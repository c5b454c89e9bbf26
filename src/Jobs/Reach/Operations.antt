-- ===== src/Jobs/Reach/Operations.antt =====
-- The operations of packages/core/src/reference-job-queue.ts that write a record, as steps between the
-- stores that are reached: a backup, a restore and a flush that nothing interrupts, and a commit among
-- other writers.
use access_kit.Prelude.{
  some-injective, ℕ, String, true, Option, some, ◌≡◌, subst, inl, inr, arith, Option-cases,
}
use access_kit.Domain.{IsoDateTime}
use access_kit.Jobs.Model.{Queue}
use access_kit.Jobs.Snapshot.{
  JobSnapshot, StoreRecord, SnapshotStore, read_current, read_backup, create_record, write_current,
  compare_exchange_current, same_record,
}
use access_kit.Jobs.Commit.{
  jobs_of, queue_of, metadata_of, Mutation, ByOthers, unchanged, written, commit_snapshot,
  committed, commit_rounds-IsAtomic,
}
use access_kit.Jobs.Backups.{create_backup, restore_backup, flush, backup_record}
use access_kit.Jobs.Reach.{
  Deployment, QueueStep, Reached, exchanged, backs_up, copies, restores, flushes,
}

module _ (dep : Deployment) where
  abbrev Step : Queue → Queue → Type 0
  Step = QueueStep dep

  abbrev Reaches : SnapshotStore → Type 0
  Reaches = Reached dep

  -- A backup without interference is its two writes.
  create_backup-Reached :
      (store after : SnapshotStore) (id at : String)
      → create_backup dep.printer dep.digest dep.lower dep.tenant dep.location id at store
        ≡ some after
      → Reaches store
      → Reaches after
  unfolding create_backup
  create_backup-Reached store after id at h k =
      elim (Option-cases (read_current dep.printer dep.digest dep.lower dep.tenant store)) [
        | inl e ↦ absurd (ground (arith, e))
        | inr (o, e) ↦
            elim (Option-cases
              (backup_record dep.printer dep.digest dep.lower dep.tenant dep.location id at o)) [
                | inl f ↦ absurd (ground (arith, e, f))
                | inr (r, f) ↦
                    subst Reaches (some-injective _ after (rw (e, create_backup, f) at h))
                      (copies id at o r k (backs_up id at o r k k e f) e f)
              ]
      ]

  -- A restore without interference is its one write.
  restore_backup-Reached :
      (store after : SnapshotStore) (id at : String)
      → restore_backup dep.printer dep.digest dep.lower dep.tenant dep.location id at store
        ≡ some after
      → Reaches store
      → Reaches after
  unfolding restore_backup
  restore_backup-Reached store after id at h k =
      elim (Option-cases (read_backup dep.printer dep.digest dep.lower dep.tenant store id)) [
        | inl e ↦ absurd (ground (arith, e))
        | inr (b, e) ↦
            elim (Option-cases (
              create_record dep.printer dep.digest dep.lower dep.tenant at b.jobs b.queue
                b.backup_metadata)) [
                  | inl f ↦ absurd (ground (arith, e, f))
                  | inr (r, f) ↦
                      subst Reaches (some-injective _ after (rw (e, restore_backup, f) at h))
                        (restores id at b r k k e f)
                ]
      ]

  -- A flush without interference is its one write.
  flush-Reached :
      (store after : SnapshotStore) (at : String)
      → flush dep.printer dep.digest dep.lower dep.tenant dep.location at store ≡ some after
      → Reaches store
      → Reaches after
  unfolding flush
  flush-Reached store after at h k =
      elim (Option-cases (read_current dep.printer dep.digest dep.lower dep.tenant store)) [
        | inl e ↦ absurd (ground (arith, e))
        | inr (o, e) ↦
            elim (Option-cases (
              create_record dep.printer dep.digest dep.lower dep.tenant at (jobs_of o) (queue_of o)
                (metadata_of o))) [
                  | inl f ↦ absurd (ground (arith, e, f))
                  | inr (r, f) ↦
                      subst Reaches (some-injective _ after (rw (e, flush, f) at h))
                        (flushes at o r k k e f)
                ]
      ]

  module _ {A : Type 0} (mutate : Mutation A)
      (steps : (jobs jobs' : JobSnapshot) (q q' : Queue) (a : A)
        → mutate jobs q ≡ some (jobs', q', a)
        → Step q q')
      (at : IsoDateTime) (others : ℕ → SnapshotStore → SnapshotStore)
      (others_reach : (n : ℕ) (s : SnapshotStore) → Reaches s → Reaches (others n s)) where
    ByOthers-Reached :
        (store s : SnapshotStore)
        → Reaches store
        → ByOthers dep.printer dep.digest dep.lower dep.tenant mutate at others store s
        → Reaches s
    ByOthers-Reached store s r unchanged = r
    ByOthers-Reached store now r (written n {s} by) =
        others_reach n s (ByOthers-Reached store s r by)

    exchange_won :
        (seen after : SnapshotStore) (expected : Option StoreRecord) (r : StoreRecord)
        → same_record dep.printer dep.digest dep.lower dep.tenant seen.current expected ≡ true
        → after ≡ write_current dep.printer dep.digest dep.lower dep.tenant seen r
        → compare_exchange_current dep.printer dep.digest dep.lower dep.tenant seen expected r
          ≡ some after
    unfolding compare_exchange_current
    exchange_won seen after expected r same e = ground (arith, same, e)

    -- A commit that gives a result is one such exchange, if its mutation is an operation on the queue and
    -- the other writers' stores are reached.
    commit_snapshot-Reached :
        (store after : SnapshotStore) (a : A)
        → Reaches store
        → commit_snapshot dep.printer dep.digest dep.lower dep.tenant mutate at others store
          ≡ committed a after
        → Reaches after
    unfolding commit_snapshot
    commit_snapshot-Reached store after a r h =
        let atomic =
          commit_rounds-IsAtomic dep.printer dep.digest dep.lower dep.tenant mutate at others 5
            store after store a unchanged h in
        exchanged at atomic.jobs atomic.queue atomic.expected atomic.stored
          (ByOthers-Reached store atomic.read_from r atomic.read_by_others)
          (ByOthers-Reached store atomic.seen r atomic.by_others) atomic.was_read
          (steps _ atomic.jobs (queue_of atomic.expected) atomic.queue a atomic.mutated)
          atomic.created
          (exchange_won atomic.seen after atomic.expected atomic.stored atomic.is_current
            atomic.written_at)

★ ★ ★ ★ ★ ★ ★

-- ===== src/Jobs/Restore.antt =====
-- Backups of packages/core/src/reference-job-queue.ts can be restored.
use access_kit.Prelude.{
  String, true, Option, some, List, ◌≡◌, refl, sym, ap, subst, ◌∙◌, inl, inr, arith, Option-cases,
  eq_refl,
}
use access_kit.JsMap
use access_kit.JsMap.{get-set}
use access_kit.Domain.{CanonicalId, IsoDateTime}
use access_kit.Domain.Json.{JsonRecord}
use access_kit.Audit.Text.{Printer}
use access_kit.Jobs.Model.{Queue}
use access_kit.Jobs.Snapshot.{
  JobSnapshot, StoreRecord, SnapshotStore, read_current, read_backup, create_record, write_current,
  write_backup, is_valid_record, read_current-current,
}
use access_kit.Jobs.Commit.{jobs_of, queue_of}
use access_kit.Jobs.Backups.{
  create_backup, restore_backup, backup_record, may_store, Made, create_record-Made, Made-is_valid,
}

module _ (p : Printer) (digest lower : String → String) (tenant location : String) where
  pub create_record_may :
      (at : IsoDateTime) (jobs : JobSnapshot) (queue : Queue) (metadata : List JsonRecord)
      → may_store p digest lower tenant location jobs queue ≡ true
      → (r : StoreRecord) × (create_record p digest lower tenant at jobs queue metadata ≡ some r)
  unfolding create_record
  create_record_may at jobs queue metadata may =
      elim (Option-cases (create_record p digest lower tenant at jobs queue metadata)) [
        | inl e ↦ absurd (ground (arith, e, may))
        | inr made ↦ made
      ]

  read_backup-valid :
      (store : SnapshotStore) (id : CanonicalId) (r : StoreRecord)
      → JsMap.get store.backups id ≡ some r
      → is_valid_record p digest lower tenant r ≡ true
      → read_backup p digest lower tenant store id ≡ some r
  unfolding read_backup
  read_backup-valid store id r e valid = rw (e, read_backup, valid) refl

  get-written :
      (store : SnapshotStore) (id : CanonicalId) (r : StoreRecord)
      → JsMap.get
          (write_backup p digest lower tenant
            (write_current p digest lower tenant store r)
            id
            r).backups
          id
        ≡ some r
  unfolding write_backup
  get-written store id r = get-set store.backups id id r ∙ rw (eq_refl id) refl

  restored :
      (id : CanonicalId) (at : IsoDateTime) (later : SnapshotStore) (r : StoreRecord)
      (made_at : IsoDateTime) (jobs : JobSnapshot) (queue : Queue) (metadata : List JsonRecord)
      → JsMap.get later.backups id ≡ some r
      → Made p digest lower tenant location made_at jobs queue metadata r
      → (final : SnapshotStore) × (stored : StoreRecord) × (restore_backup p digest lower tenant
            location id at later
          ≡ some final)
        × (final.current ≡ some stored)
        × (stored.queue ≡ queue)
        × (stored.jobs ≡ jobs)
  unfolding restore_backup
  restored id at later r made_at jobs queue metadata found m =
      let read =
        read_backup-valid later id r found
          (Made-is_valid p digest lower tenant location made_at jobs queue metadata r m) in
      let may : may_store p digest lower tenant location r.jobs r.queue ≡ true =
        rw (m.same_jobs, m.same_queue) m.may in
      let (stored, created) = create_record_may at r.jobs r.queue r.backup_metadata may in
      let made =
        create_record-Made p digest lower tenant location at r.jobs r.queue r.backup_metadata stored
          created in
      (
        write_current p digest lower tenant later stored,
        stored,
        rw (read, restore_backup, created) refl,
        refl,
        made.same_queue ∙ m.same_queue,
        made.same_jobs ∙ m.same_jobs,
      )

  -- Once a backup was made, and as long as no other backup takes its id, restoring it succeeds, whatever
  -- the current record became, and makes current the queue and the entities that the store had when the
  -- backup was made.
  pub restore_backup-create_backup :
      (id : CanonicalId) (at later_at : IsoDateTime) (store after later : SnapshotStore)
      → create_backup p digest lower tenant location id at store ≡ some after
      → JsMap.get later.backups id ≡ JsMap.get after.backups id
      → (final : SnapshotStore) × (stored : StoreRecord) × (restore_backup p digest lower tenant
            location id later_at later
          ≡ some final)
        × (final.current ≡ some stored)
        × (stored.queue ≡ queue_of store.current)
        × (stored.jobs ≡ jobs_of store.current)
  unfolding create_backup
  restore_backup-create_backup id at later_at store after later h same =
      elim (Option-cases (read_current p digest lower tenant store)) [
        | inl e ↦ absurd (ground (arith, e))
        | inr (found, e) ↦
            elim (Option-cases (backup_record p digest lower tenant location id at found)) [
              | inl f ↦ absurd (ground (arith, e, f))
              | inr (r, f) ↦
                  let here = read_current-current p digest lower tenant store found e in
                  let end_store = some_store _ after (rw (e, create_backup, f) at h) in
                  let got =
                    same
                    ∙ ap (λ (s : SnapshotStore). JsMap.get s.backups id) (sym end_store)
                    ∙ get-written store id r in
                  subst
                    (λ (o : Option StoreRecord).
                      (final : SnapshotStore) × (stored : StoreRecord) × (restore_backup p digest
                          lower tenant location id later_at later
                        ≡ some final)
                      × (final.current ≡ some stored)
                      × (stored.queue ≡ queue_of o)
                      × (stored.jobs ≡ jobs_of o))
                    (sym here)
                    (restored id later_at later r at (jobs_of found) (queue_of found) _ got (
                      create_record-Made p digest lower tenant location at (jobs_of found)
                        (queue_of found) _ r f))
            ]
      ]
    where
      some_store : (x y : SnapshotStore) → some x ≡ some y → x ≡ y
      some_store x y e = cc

★ ★ ★ ★ ★ ★ ★

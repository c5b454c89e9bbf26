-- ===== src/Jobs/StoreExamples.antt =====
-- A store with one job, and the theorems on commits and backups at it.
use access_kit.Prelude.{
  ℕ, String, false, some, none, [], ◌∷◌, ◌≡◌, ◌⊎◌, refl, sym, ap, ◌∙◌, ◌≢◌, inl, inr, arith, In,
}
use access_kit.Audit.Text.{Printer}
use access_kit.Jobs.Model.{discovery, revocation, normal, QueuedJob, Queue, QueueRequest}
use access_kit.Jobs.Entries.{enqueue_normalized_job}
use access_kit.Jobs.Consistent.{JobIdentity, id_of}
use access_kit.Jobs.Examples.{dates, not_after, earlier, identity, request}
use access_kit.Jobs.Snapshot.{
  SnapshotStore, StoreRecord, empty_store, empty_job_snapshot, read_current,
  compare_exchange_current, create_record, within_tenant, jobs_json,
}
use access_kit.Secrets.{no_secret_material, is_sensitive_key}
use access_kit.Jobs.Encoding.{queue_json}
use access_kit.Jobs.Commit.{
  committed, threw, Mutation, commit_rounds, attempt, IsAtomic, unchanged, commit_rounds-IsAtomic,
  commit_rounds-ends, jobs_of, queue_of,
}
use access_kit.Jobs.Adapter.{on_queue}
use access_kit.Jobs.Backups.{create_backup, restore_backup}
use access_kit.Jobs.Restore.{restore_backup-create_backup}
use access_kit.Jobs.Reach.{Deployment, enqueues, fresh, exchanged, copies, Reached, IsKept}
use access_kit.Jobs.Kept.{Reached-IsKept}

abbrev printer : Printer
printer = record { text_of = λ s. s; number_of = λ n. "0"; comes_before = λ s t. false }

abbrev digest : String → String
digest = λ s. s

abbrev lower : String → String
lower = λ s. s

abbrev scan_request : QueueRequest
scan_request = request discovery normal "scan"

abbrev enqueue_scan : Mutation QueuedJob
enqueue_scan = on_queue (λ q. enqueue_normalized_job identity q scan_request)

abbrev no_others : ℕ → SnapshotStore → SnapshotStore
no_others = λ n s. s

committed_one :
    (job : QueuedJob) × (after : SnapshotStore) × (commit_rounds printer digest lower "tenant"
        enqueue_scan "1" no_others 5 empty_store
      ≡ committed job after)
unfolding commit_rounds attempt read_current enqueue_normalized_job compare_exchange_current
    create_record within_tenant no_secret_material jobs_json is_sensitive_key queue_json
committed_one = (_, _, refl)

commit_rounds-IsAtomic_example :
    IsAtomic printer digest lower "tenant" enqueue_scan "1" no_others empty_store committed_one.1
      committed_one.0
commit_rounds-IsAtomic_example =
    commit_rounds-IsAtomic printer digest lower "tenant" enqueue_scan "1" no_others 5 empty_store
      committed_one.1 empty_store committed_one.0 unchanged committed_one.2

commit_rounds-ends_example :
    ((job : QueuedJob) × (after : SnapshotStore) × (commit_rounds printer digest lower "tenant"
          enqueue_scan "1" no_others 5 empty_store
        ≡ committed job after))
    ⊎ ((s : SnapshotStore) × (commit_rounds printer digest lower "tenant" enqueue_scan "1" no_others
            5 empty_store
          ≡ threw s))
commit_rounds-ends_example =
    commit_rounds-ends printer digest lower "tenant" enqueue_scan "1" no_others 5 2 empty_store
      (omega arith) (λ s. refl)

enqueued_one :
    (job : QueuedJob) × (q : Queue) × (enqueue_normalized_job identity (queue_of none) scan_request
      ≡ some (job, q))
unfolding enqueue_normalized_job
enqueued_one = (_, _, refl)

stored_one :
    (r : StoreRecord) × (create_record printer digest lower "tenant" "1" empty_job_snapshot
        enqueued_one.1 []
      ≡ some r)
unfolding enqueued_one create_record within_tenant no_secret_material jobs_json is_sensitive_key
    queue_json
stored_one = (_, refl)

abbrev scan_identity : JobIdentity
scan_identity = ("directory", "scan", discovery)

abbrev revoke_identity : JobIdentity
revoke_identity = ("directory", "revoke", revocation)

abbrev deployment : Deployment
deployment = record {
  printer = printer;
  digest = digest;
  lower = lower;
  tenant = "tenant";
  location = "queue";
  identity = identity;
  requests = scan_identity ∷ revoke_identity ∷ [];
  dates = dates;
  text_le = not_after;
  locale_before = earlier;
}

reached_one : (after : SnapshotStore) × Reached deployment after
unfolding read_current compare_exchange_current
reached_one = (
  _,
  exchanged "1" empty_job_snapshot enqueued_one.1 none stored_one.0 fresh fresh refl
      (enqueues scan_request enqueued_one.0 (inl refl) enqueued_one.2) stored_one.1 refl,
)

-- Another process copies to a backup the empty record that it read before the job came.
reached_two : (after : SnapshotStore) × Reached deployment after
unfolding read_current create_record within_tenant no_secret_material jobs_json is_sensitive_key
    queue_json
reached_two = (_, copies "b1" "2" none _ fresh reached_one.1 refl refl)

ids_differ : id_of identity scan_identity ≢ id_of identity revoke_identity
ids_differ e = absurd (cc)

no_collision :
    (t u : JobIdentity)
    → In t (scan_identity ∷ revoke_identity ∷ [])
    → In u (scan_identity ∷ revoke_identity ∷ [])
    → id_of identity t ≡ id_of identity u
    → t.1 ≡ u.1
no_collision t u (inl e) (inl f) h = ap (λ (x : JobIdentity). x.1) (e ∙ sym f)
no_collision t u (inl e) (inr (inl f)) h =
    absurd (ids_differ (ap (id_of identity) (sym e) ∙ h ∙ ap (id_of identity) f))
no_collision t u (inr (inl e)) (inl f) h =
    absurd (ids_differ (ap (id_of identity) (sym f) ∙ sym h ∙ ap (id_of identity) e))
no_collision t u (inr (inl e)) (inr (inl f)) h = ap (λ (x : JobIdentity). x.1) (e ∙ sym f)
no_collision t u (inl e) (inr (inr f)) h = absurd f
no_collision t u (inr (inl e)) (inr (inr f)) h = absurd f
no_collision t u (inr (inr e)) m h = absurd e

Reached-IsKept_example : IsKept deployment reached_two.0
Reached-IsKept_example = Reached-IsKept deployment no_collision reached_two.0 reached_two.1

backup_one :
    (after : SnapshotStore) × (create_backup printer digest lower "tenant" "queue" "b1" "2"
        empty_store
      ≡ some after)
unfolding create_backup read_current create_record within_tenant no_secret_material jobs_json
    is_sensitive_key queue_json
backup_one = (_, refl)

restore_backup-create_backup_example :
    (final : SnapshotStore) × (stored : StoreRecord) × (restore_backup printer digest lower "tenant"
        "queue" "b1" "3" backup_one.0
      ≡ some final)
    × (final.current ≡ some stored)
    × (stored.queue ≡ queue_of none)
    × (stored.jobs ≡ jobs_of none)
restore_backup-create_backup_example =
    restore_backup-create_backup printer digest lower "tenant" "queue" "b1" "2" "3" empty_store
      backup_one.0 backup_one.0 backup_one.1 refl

★ ★ ★ ★ ★ ★ ★

_Directions:_ Starting with the line that holds "(stored.queue ≡ queue_of none)" and ending with the line that holds "backup_one.0 backup_one.0 backup_one.1", retype every line in the data above exactly, and nothing else.

_Response for this exercise:_
    × (stored.queue ≡ queue_of none)
    × (stored.jobs ≡ jobs_of none)
restore_backup-create_backup_example =
    restore_backup-create_backup printer digest lower "tenant" "queue" "b1" "2" "3" empty_store
      backup_one.0 backup_one.0 backup_one.1 refl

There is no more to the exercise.